Vista del volcán Rano Raraku, donde se fabricaban los moáis.

Lilliana Ramos Collado

El 2008 fue un gran año. Durante mi estadía en Chile para realizar un postdocrorado en estudios patrimoniales decidí realizar un sueño, quizás un poco cursi, de viajar a Isla de Pascua, o Rapa Nui, como la llamaron sus nativos antes de que ingleses y franceses fueran a saquear sus tesoros de piedra en el siglo XIX. Era un sueño viejo, de niña, pues mi primer libro fue uno que encontré en la calle y que se titulaba “Los misterios de la Isla de Pascua”. Luego de ver sus extrañas fotografías pensé que ese lugar en el fin del mundo debía ser el destino de mi primer viaje fuera de esta pequeña isla de Puerto Rico. Pero ese sueño se me vino a dar tarde, 54 años después que nací y unos 44 luego de toparme con el libro en una acera.

Pues fue un gran año ese 2008 cuando finalmente pude dar el salto de 8 horas de vuelo desde Santiago de Chile hasta Hanga Roa, capital de la diminuta Isla de Pascua. Pensaba en el librito, que me inspiró a escribir mi segundo poemario, premiado pero nunca publicado, que se titula “Avión de papel sobre la Isla de Pascua”. De papel por ser el lugar del poema, Isla de Pascua por ser, literalmente, el fin del mundo, pues eso es lo que significa en español el topónimo Rapa Nui: fin del mundo. Es literal. Ocho horas de vuelo sobre el Pacífico que no me imaginaba tan largas —así son los sueños, optimistas—, ocho horas de vuelo por el vacío ciego de un mar interminable, pues Rapa Nui es el lugar habitado más lejano de cualquier otra ciudad en el mundo. En el planeta tierra esas ocho horas significan que vuelas hacia el fin del mundo.
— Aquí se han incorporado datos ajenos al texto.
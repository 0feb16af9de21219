-- ===== src/Tests/Refreshing.antt =====
-- core/NBinningDef.cxx: ids in a definition with one axis of three bins. The id 7 is no bin of the
-- content.
use ndmspc.Base.Int.{ℤ, pos}
use ndmspc.Base.{ℕ, suc, false, List, [], ◌∷◌}
use ndmspc.Binning.Defs.{Axis, BinningType}
use ndmspc.Binning.Ids.{Point}
use ndmspc.Sweep.Defs.{Coords, Executor}

abbrev axes : List Axis
axes = record { name = []; nbins = 3; is_alphanumeric = false } ∷ []

abbrev types : List BinningType
types = BinningType.single ∷ []

abbrev bin_coords : ℕ → List ℤ
bin_coords id = pos (suc id) ∷ []

abbrev find_bin : ℕ → ℤ → ℤ → ℤ
find_bin i low high = low

-- The point is at the first bin.
abbrev start : Point
start = record { content_coords = pos 1 ∷ []; storage_coords = pos 1 ∷ [] }

abbrev ids : List ℕ
ids = 0 ∷ 2 ∷ 7 ∷ 1 ∷ []

abbrev three_bins : Coords
three_bins = pos 3 ∷ []

abbrev over_bins : Executor
over_bins = record {
  num_dimensions = 1;
  min_bounds = pos 1 ∷ [];
  max_bounds = three_bins;
  current_coords = pos 1 ∷ [];
}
Volcán Orongo, cerca de Rapa Nui. Mi foto

Volcán Rano Kau en el pequeño poblado de Orongo, cerca de Rapa Nui.

Viajé ligera de equipaje para pasar tres semanas en el fin del mundo, pero confieso que observar el mar por ocho horas —quitando los 35 minutos de vuelo sobre suelo chileno para despedirnos de tierra firme sobrevolando la ciudad de Valparaíso, hermosísimo puerto de mar. Viajé ligera, como nos recomienda Charles Baudelaire debe una viajar para poder ambular libre y sin preocupaciones. Viajé casi sin equipaje porque iba al fin del mundo.

Volando interminablemente sobre el mar, me entretuve catando la extraordinaria variedad del azul marino, turquesa por ratos, casi amarillo cuando las nubes eran golpeadas por el sol y el oro de la luz se volcaba sobre las lejanas crestas de las olas. Otras veces, un mar crespo se removía en mi imaginación hipnotizada por la altura y la distancia. Otras, el mar se veía oscuro, llano, sin textura, como duro titanio, y otras amable y rojizo, como si en su fondo se moviera la lava secreta de un volcán inatendido y desconocido. A ratos regresaba a ojear la guía de turismo de Rapa Nui, generosa en fotografías mediocres de los impresionantes monumentos de piedra que pespuntean la islita.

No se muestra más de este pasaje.